----- Input records -----

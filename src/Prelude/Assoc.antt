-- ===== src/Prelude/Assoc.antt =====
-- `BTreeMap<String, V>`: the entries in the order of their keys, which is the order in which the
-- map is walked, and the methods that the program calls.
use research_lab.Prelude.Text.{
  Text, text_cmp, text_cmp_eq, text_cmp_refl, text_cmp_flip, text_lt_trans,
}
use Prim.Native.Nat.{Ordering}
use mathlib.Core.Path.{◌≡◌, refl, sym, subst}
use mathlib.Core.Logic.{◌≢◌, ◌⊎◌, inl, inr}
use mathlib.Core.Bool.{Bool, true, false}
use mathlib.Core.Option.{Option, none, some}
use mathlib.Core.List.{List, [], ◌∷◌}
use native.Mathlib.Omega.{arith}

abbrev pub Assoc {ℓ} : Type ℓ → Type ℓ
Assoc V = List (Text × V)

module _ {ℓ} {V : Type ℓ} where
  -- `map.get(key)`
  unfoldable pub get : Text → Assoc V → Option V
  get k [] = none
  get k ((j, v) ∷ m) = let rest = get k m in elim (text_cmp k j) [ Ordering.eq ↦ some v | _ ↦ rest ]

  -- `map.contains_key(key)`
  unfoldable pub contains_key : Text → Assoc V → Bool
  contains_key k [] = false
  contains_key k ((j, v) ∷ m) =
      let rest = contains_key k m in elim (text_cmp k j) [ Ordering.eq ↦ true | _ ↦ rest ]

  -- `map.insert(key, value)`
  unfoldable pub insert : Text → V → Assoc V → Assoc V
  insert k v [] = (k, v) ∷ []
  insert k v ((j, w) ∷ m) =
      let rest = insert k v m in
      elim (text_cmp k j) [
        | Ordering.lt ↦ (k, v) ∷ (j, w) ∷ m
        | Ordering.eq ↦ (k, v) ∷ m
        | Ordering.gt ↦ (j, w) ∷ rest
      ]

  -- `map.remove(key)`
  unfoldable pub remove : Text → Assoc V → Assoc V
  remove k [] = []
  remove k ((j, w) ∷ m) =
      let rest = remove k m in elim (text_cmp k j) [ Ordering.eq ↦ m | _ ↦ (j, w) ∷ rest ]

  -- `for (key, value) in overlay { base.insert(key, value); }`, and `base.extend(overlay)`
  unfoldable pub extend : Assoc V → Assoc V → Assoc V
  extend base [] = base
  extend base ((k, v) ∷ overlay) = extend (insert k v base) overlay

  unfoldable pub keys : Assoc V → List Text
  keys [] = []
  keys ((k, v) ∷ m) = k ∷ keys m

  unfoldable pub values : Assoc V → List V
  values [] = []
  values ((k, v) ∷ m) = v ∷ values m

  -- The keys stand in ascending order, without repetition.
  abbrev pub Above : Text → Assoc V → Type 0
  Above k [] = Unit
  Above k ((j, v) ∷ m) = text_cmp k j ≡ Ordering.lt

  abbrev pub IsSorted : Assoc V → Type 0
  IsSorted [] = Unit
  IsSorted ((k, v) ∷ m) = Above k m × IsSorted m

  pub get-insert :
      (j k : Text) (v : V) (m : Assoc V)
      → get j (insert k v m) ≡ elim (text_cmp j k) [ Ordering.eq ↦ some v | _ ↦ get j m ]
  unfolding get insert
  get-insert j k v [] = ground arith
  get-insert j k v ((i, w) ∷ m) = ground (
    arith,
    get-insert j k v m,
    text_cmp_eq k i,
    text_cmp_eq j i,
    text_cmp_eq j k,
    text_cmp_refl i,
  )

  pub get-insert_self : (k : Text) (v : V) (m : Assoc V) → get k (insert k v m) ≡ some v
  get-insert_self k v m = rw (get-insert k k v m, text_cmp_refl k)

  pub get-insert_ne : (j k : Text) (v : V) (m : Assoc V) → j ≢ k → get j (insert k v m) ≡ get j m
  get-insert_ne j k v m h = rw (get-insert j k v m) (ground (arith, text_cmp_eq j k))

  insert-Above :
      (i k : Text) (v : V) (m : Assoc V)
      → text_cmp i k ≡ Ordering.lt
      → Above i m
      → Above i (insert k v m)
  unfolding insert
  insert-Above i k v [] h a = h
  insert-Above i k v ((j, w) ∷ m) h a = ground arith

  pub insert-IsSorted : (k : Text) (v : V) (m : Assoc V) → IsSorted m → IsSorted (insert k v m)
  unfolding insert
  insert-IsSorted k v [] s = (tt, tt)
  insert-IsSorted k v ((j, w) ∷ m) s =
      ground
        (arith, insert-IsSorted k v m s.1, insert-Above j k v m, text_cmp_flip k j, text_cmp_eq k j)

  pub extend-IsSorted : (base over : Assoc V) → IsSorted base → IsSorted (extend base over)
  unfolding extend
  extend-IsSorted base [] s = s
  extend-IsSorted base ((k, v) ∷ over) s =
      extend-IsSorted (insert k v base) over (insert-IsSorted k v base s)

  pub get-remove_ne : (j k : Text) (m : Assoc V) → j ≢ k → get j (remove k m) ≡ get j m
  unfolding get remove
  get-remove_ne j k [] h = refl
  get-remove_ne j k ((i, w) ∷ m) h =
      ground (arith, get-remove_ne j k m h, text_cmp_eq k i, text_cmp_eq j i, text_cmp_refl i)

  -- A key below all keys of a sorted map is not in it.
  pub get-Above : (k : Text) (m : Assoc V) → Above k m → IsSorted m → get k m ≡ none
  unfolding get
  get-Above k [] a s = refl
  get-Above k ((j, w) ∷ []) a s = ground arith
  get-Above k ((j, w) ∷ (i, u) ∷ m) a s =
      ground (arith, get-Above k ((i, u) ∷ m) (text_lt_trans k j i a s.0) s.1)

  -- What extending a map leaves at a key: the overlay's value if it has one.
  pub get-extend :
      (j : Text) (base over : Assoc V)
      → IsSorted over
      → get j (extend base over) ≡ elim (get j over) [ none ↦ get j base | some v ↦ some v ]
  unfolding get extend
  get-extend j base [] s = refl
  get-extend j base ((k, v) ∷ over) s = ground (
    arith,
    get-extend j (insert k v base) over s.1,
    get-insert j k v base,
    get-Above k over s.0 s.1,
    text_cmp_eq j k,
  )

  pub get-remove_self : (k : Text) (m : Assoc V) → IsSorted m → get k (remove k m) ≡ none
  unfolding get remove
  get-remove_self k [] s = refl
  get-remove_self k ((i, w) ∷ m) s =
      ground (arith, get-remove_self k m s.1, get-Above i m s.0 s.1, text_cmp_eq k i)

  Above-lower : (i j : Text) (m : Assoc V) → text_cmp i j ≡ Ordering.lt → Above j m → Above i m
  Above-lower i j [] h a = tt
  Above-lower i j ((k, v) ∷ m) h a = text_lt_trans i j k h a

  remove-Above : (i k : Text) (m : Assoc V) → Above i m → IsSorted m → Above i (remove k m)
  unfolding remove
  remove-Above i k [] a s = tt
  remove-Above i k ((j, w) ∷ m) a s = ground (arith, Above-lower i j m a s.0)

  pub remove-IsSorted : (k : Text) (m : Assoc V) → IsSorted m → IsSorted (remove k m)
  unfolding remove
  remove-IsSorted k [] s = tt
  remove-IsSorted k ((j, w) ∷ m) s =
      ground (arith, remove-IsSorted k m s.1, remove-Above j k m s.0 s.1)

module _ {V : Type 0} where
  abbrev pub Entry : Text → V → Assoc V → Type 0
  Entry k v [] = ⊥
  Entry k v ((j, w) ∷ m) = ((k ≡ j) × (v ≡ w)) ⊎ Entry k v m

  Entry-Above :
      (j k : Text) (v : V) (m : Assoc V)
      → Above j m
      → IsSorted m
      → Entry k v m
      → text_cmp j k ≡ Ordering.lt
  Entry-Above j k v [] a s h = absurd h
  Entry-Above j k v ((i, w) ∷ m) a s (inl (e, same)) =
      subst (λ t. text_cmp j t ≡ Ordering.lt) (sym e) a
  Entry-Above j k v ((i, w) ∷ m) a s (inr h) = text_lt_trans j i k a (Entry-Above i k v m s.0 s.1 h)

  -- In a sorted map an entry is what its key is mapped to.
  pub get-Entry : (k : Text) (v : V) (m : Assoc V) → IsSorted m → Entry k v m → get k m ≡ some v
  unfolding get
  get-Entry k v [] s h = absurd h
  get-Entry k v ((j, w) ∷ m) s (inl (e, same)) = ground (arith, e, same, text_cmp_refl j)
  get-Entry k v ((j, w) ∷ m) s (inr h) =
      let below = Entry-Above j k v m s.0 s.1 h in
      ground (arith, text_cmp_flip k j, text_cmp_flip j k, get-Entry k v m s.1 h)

-----
----- Input records -----

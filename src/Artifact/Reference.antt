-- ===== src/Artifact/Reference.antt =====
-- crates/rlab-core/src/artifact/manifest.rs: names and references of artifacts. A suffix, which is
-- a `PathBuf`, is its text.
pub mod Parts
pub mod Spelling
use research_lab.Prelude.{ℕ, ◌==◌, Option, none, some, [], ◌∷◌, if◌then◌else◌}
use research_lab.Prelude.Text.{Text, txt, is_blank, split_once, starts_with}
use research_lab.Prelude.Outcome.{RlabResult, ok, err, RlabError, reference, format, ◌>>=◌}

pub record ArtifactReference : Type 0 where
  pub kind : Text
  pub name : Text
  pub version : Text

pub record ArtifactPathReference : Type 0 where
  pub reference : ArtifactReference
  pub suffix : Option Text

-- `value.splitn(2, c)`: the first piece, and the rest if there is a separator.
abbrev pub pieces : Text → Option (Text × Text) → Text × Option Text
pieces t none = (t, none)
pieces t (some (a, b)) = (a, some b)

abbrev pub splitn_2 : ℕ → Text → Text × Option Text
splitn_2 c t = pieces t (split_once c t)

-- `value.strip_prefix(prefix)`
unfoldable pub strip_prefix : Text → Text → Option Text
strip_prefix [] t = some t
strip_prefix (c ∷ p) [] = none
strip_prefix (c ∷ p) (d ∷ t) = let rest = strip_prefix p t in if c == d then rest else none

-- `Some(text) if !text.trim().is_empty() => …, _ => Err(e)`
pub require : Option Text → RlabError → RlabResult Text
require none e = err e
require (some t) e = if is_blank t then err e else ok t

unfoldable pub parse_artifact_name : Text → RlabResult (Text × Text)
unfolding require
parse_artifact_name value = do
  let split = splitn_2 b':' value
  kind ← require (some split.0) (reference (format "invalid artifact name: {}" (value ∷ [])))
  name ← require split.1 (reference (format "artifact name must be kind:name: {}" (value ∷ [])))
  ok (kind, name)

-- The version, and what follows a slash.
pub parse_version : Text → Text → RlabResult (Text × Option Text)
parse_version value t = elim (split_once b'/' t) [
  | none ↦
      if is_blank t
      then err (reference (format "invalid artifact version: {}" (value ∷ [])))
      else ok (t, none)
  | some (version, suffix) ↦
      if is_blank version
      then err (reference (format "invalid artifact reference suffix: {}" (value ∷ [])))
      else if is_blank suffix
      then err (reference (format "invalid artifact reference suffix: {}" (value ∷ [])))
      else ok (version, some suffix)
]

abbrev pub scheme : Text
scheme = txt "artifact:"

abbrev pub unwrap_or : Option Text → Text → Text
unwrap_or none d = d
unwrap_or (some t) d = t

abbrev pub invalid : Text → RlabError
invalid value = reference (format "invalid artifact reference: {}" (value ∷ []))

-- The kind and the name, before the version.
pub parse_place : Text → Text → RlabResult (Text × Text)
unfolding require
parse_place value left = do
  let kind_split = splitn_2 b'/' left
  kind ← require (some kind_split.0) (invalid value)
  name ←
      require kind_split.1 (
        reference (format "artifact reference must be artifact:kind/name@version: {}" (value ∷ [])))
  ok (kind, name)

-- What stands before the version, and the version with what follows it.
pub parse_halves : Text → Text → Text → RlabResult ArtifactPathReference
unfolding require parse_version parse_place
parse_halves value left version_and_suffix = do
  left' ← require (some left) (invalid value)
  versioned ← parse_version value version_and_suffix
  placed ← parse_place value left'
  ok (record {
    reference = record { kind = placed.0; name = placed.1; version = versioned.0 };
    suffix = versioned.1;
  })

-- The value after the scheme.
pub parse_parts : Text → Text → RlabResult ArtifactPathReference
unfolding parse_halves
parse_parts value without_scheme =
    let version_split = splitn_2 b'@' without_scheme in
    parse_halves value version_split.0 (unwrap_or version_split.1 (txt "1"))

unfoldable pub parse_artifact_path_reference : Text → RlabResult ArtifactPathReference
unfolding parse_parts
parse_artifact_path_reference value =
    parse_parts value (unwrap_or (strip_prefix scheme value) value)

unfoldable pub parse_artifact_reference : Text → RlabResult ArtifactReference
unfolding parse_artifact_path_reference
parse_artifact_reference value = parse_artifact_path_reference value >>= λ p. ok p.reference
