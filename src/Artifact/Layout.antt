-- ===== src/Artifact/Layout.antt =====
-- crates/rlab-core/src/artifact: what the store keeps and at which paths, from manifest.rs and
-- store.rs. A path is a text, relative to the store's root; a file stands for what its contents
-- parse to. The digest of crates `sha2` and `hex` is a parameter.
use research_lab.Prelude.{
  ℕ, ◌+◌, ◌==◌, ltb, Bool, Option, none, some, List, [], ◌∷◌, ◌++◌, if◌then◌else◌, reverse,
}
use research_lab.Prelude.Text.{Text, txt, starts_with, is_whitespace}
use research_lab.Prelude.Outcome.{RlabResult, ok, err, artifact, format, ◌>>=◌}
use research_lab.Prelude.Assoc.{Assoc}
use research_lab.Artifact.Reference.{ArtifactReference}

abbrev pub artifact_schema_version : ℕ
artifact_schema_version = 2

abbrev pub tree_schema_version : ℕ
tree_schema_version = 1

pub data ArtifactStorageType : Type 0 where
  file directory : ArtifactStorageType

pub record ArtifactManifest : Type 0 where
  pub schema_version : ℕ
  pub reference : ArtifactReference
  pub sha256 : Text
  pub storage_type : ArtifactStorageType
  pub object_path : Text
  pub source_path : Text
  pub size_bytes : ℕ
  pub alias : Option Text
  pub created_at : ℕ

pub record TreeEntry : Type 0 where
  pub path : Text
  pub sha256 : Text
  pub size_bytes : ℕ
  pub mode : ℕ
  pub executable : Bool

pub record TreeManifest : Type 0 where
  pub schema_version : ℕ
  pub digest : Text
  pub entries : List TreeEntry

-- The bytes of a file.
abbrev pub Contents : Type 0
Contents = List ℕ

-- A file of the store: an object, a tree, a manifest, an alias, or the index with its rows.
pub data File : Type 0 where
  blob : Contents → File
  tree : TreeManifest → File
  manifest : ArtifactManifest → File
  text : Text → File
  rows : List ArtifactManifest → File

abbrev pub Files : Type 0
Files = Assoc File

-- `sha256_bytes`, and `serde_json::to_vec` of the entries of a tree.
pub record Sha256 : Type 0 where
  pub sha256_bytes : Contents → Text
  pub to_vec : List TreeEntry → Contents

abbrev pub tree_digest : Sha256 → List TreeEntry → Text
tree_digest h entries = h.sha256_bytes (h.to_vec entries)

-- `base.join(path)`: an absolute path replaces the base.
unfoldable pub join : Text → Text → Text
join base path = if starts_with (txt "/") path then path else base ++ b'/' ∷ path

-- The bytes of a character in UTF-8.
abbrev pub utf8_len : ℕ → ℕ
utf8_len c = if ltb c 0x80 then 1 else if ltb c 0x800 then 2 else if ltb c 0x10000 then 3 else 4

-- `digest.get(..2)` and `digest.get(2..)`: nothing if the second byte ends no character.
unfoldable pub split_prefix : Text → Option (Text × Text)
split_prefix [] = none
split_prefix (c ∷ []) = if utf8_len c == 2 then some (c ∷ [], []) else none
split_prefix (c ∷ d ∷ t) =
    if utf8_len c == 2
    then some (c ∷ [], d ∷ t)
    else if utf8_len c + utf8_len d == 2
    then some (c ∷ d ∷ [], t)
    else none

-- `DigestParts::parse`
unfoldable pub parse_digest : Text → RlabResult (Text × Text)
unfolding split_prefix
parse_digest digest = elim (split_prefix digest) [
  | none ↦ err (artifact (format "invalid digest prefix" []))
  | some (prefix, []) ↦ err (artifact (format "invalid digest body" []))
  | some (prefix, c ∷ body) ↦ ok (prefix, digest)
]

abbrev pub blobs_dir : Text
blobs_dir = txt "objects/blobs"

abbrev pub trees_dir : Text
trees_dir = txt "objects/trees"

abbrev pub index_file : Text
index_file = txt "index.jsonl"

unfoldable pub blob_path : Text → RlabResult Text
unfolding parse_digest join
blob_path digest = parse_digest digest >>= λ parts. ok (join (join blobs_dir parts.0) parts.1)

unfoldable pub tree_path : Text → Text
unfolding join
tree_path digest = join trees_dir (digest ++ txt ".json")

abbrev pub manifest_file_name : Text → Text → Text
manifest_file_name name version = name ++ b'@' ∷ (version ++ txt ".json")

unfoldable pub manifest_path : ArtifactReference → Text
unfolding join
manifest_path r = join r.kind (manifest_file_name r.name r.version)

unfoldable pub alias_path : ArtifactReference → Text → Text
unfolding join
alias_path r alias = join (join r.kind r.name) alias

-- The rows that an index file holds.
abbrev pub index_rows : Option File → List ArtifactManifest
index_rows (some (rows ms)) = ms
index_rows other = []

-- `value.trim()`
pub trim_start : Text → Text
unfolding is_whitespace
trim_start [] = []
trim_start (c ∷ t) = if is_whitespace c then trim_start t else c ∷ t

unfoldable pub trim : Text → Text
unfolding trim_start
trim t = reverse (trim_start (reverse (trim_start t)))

-----
----- Input records -----

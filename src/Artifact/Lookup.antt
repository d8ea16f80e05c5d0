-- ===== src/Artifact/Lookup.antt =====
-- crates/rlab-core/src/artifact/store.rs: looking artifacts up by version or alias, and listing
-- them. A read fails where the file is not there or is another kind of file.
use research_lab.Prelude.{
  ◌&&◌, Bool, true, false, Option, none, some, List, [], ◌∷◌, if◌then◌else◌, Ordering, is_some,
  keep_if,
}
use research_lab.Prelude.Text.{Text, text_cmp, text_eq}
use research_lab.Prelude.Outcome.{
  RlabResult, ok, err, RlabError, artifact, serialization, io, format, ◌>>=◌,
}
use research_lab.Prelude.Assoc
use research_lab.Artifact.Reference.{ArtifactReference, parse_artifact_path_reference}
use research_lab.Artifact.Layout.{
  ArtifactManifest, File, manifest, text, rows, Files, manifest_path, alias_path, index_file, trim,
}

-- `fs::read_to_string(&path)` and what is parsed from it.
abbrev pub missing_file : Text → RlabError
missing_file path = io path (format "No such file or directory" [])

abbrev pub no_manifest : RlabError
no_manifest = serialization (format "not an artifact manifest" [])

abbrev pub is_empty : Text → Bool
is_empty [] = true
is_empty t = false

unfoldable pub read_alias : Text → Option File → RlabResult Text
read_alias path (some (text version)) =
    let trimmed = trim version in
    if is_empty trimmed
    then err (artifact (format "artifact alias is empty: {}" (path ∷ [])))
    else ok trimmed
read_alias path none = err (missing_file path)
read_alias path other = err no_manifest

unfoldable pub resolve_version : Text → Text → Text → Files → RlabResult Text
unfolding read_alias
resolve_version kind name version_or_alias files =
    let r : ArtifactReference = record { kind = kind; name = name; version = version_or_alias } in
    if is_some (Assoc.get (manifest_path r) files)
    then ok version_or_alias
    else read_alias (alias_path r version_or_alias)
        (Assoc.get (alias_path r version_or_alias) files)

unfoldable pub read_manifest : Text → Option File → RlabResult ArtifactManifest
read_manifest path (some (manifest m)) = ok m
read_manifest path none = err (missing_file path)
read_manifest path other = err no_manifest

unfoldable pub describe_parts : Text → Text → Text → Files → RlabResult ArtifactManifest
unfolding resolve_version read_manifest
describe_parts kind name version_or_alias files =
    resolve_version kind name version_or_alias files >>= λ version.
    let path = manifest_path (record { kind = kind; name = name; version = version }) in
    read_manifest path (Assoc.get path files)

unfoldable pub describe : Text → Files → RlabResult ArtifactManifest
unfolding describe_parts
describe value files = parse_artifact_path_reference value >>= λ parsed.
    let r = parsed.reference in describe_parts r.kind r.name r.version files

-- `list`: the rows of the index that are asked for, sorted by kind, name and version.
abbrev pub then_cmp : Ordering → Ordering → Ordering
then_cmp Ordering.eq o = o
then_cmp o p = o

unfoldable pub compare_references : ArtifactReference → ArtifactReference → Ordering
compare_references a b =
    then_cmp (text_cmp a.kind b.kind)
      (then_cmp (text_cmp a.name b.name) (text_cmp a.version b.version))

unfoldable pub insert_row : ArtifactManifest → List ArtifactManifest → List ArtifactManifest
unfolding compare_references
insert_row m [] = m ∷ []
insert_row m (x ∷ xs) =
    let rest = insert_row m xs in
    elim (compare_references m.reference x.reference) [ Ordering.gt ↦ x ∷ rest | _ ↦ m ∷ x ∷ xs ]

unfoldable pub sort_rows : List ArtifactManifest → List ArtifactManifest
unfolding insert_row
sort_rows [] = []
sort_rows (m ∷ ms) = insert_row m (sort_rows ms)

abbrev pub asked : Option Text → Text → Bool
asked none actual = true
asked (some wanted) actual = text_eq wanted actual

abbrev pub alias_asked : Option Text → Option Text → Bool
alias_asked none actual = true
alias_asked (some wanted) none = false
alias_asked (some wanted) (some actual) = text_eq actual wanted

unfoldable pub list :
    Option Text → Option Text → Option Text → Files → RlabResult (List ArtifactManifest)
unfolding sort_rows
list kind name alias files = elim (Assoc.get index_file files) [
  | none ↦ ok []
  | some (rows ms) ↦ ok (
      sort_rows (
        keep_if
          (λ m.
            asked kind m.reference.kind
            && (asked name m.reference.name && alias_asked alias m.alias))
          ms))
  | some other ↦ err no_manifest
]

-----

• Exercise goal
Out of the entries above, write out only the lines between the line holding "strip_prefix (c ∷ p) [] = none" and the line holding "require (some t)", inclusive, each exactly as given.

• Answer space
strip_prefix (c ∷ p) [] = none
strip_prefix (c ∷ p) (d ∷ t) = let rest = strip_prefix p t in if c == d then rest else none

-- `Some(text) if !text.trim().is_empty() => …, _ => Err(e)`
pub require : Option Text → RlabError → RlabResult Text
require none e = err e
require (some t) e = if is_blank t then err e else ok t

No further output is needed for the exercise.